I don't react well to stings at the best of times. Bits swell up and throb. But being starkers brought an unimagined sense of vulnerability. After ducking at two low passes, I spotted it making a 360 degree stall turn round the ceiling light and made a dash for my dressing gown, cascading water all over the carpet. A dressing gown might not offer much protection, but if I was going to be discovered swollen and throbbing on the floor, it seemed a good idea.

I never got there; the bastard came at me from three o'clock out of the sun, and it was only through a desperate, lucky reflex that I caught it a glancing blow with the Autumn/Winter Scotland in Trust magazine, sending it spinning against the model of a Polynesian proa.

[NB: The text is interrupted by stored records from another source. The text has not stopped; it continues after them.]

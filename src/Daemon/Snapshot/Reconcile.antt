-- ===== src/Daemon/Snapshot/Reconcile.antt =====
-- pkg/daemon/snapshot_controller.go: the reconciler of a snapshot on the node of its machine.
use ch_vmm.Prelude.{String, ◌<>◌, Bool, true, false, ◌||◌, List, [], ◌∷◌, if◌then◌else◌}
use ch_vmm.Controller.Program.{
  Answer, done, not_found, conflict, Outcome, settled, in_five_seconds, Program, ◌>>=◌, ◌>>◌,
  return, fail,
}
use ch_vmm.Daemon.{Vm, Phase, Node}
use ch_vmm.Daemon.Reconcile.{is_mine}
use ch_vmm.Daemon.Snapshot.{
  Snapshot, SnapshotPhase, DiskStatus, DiskPhase, ready_to_use, errored, pending, get_snapshot,
  get_vm, get_disk, update_vm, update_snapshot, Server, State, get_phase, set_vm_phase, get_status,
  modify, set_phase, record_event, call, fetch, succeeds,
}
use ch_vmm.Daemon.Snapshot.Take.{create_snapshot, create_spec}

-- What a phase comes to: the end of the call, or the update of the status, and whether an error is left
-- for then.
pub data Turn : Type 0 where
  leave : Outcome → Turn
  proceed : Bool → Turn

-- What a look at a disk's snapshot finds.
pub data Finding : Type 0 where
  fine missing broken waiting : Finding

pub record Look : Type 0 where
  pub status : DiskStatus
  pub finding : Finding

pub is_broken : Finding → Bool
is_broken missing = true
is_broken broken = true
is_broken f = false

pub is_waiting : Finding → Bool
is_waiting waiting = true
is_waiting f = false

unfoldable pub any_look : (Finding → Bool) → List Look → Bool
any_look test [] = false
any_look test (l ∷ ls) = test l.finding || any_look test ls

unfoldable pub statuses : List Look → List DiskStatus
statuses [] = []
statuses (l ∷ ls) = l.status ∷ statuses ls

look_at : String → Bool → String → String → Finding → Look
look_at disk is_ready text why f = record {
  status = record { name = disk; ready = is_ready; message = text; reason = why };
  finding = f;
}

pub look_of : String → DiskPhase → Look
unfolding look_at
look_of disk ready_to_use =
    look_at disk true "VirtualDiskSnapshot is ready" "VirtualDiskSnapshotReady" fine
look_of disk errored =
    look_at disk false "VirtualDiskSnapshot failed" "VirtualDiskSnapshotError" broken
look_of disk (pending p) =
    look_at disk false ("VirtualDiskSnapshot is in " <> p <> " phase") "VirtualDiskSnapshotPending"
      waiting

pub look_missing : String → Look
unfolding look_at
look_missing disk =
    look_at disk false "VirtualDiskSnapshot was deleted" "VirtualDiskSnapshotNotFound" missing

abbrev pub is_running : Phase → Bool
is_running Phase.running = true
is_running p = false

module _ (server : Server) (node : Node) (vm : Vm) (vm_status : ch_vmm.Daemon.Status)
    (snap : Snapshot) where
  abbrev M : Type 0 → Type 0
  M A = Program State A

  unfoldable pub started_if : Answer → M Turn
  started_if done = do set_phase SnapshotPhase.in_progress; return (proceed false)
  started_if conflict = return (leave in_five_seconds)
  started_if e = return (proceed true)

  unfoldable pub reconcile_scheduled : M Turn
  unfolding started_if
  reconcile_scheduled = do
    p ← get_phase
    if is_running p
        then (do
          set_vm_phase Phase.snapshotting
          updated ← call server (update_vm Phase.snapshotting)
          started_if updated)
        else return (proceed true)

  unfoldable pub reconcile_in_progress : M Turn
  unfolding succeeds
  reconcile_in_progress = do
    taken ← succeeds (create_snapshot server vm vm_status snap)
    if taken
        then (do set_phase SnapshotPhase.created; return (proceed false))
        else (do set_phase SnapshotPhase.failed; return (proceed true))

  unfoldable pub reconcile_created : M Turn
  unfolding succeeds
  reconcile_created = do
    specified ← succeeds (create_spec server vm vm_status snap)
    if specified
        then (do set_phase SnapshotPhase.specified; return (proceed false))
        else return (proceed true)

  unfoldable pub look_if : String → Answer × DiskPhase → M Look
  unfolding look_of look_missing
  look_if disk (done, p) = return (look_of disk p)
  look_if disk (not_found, p) = return (look_missing disk)
  look_if disk (e, p) = fail e

  unfoldable pub look_all : List DiskStatus → M (List Look)
  unfolding look_if
  look_all [] = return []
  look_all (d ∷ ds) = do
    got ← fetch server (get_disk d.name) server.disk_phase
    look ← look_if d.name got
    rest ← look_all ds
    return (look ∷ rest)

  -- The phase is `failed` where a disk failed, until the last line.
  unfoldable pub finish : List Look → M Turn
  unfolding any_look
  finish looks =
      if any_look is_broken looks
      then (do
        set_phase SnapshotPhase.failed
        record_event "AllDiskSnapshotsReady"
        set_phase SnapshotPhase.ready
        return (proceed false))
      else if any_look is_waiting looks
      then return (leave in_five_seconds)
      else (do
        record_event "AllDiskSnapshotsReady"
        set_phase SnapshotPhase.ready
        return (proceed false))

  unfoldable pub reconcile_specified : M Turn
  unfolding look_all finish statuses
  reconcile_specified = do
    s ← get_status
    looks ← look_all s.disks
    modify (λ s. record s { disks = statuses looks })
    finish looks

  unfoldable pub reconcile_phase : SnapshotPhase → M Turn
  unfolding reconcile_scheduled reconcile_in_progress reconcile_created reconcile_specified
  reconcile_phase SnapshotPhase.scheduled = reconcile_scheduled
  reconcile_phase SnapshotPhase.in_progress = reconcile_in_progress
  reconcile_phase SnapshotPhase.created = reconcile_created
  reconcile_phase SnapshotPhase.specified = reconcile_specified
  reconcile_phase SnapshotPhase.failed = return (leave settled)
  reconcile_phase p = return (proceed false)

  unfoldable pub written_if : Answer → Bool → M Outcome
  written_if done false = return settled
  written_if done true = return in_five_seconds
  written_if conflict unwell = return in_five_seconds
  written_if e unwell = fail e

  -- The status is written each time.
  unfoldable pub conclude : Turn → M Outcome
  unfolding written_if
  conclude (leave o) = return o
  conclude (proceed unwell) = do
    s ← get_status
    updated ← call server (update_snapshot s)
    written_if updated unwell

  -- `updateVMStatus`, of which the error is dropped.
  unfoldable pub update_vm_status : State → State
  update_vm_status s = (call server (update_vm Phase.running) (set_vm_phase Phase.running s).1).1

  -- What is deferred while a snapshot is taken runs last, however the call ends.
  unfoldable pub deferred : SnapshotPhase → M Outcome → M Outcome
  unfolding update_vm_status
  deferred SnapshotPhase.in_progress m s = let (r, s') = m s in (r, update_vm_status s')
  deferred p m s = m s

  unfoldable pub work : SnapshotPhase → M Outcome
  unfolding reconcile_phase conclude deferred
  work p = deferred p (do turn ← reconcile_phase p; conclude turn)

  unfoldable pub found_vm : Answer → M Outcome
  unfolding work is_mine
  found_vm done = do s ← get_status; if is_mine node vm_status then work s.phase else return settled
  found_vm not_found = return settled
  found_vm e = fail e

  unfoldable pub found_snapshot : Answer → M Outcome
  unfolding found_vm
  found_snapshot done = do answered ← call server get_vm; found_vm answered
  found_snapshot not_found = return settled
  found_snapshot e = fail e

  -- `Reconcile`, where the memory has what the server has if the answers are `done`.
  unfoldable pub reconcile : M Outcome
  unfolding found_snapshot
  reconcile = do answered ← call server get_snapshot; found_snapshot answered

It recovered before I could get to it, its engine revving up an octave, and homed in on its large, pink target with single-minded ferocity. The next few moments seem like a blur. I know my magazine arm was flailing like the paddles of a threshing machine, missing but stirring up the air enough to keep it at bay. Then it swung away to the far corner, roll-turned and came for me straight as a die, full throttle.

I had one chance, and I knew it. I held my fire until it was almost on me, and then unleashed an overarm swing that met it head-on. The wasp entered the bath like a bullet, just under the hot tap. I don't think it felt a thing. Unfortunately I took out a bottle of Badedas and the shaving gel on the follow through, and Scotland in Trust flew out of my hand into the water, but I'd pretty much read it anyway.

I'm sure Archimedes never had to put up with this sort of thing. I think I'm going to start bathing with my clothes on.